Mr Curran, who appears for the DPP, is open to the suggestion of adjourning and seeing how various pending allegations resolve, but he has noted that the vast majority of the applicant's matters will be resolved by 30 September 2014, and he submitted that the matter should be stood over to a date after that later date.
I originally expressed to the solicitor for the applicant my deep reluctance about adjourning matters in this situation. Once a matter is listed for hearing in this list, it blocks other prisoners from seeking bail on that day. Generally, I do not consider applicants should be able to adjourn their applications for bail simply to see how their other proceedings work out. Nor do I consider that an adjournment should be granted with regard to matters listed for hearing simply because an application could be improved or better prepared.
Finally, I also expressed the fact I am very loath to impose upon another judge with extra matters, above and beyond what is already a very long and demanding list.
Having said that, inquiries confirm that the last issue does not arise because, as I understand it, if an adjournment is granted that would lead to another application not being listed.
Secondly, the simple fact is that the applicant is an Aboriginal boy of only 14 years of age who has been in custody since 31 July 2014. In particular, I do not think that a bail application that is not fully prepared should be forced on in those circumstances.
On the other hand, nor do I consider that matter should be stood over for well over a month.

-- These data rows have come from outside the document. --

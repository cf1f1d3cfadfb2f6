-- ===== src/Status.antt =====
-- pkg/status/status.go: the report of the operator's health in the ClusterOperator object. The
-- calls of the ClusterOperator API, the clock and the vendored helpers SetStatusCondition and
-- SetOperandVersion are the fields of a record. log.Fatalf ends the process: an error here. The
-- field clusterOperator is a result that is passed on, since every call of setStatus fetches it
-- again.
pub mod Conditions
use operator_marketplace.Common.{
  String, Bool, true, false, not, ◌&&◌, Option, none, some, List, [], ◌==◌, if◌then◌else◌,
}
use operator_marketplace.Common.Errors.{Error, Result, ok, err, is_not_found}
use operator_marketplace.Common.Effects.{Eff, ◌>>=◌, pure}
use operator_marketplace.Api.Meta.{Time}

-- configv1.ClusterOperatorStatusCondition
pub record StatusCondition : Type 0 where
  pub type : String
  pub status : String
  pub message : String
  pub last_transition_time : Time

-- configv1.OperandVersion
pub record OperandVersion : Type 0 where
  pub name : String
  pub version : String

-- The fields of configv1.ClusterOperator that are written.
pub record ClusterOperator : Type 0 where
  pub name : String
  pub namespace : String
  pub conditions : List StatusCondition
  pub versions : List OperandVersion

abbrev pub operator_available : String
operator_available = "Available"

abbrev pub operator_progressing : String
operator_progressing = "Progressing"

abbrev pub operator_failing : String
operator_failing = "Failing"

abbrev pub condition_true : String
condition_true = "True"

abbrev pub condition_false : String
condition_false = "False"

abbrev pub cluster_operator_name : String
cluster_operator_name = "marketplace-operator"

-- What lies outside. SetStatusCondition reads the clock too, so it takes the time.
pub record Reporting : Type 1 where
  pub State : Type 0
  pub now : State → Time
  pub version : String
  pub get : String → State → Result ClusterOperator × State
  pub create : ClusterOperator → State → Result ClusterOperator × State
  pub update_status : ClusterOperator → State → Option Error × State
  pub set_status_condition : Time → List StatusCondition → StatusCondition → List StatusCondition
  pub set_operand_version : List OperandVersion → OperandVersion → List OperandVersion

-- The fields of the struct `status` that do not change.
pub record StatusReporter : Type 0 where
  pub co_api_not_present : Bool
  pub namespace : String

module _ (R : Reporting) where
  abbrev pub new_cluster_operator : String → ClusterOperator
  new_cluster_operator namespace = record {
    name = cluster_operator_name;
    namespace = namespace;
    conditions = [];
    versions = [];
  }

  abbrev pub created_if_missing :
      String → Result ClusterOperator → Eff R.State (Result ClusterOperator)
  created_if_missing namespace (ok found) = pure (ok found)
  created_if_missing namespace (err e) =
      if not (is_not_found e) then pure (err e) else R.create (new_cluster_operator namespace)

  unfoldable pub ensure_cluster_operator : String → Eff R.State (Result ClusterOperator)
  ensure_cluster_operator namespace = do
    found ← R.get cluster_operator_name
    created_if_missing namespace found

  abbrev condition_of : Time → String → Bool → String → StatusCondition
  condition_of now type holds message = record {
    type = type;
    status = if holds then condition_true else condition_false;
    message = if holds then message else "";
    last_transition_time = now;
  }

  unfoldable pub set_status_condition :
      Time → String → String → List StatusCondition → List StatusCondition
  set_status_condition now condition message conditions =
      let progressing =
        R.set_status_condition now conditions
          (condition_of now operator_progressing false message) in
      let available =
        R.set_status_condition now progressing
          (condition_of now operator_available (condition == operator_available) message) in
      R.set_status_condition now available
        (condition_of now operator_failing (condition == operator_failing) message)

  unfoldable pub set_operand_version : List OperandVersion → List OperandVersion
  set_operand_version versions =
      R.set_operand_version versions (record { name = "operator"; version = R.version })

  unfoldable pub with_status : Time → String → String → ClusterOperator → ClusterOperator
  unfolding set_status_condition set_operand_version
  with_status now condition message o = record o {
    conditions = set_status_condition now condition message o.conditions;
    versions = set_operand_version o.versions;
  }

  abbrev pub written : String → String → Result ClusterOperator → Eff R.State (Option Error)
  written condition message (err e) s = (some e, s)
  written condition message (ok o) s = R.update_status (with_status (R.now s) condition message o) s

  unfoldable pub set_status : StatusReporter → String → String → Eff R.State (Option Error)
  unfolding ensure_cluster_operator with_status
  set_status r condition message =
      if r.co_api_not_present
      then pure none
      else do ensured ← ensure_cluster_operator r.namespace; written condition message ensured

  unfoldable pub set_failing : StatusReporter → String → Eff R.State (Option Error)
  unfolding set_status
  set_failing r message = set_status r operator_failing message

  unfoldable pub set_available : StatusReporter → String → Eff R.State (Option Error)
  unfolding set_status
  set_available r message = set_status r operator_available message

As an exceptional matter, I am prepared to adjourn this matter until a date shortly after 26 August 2014, on which date some matters at least will have been resolved.
In order to build in a margin for error with regard to logistical matters and in order to ensure the matter is able to be fully prepared on the next occasion, I will not list the matter in this Court before 8 September 2014.
I make the following orders:
(1) The hearing of the applicant's bail application is adjourned until 8 September 2014.
(2) The matter is not part-heard before me.
(3) The applicant is bail refused in the meantime.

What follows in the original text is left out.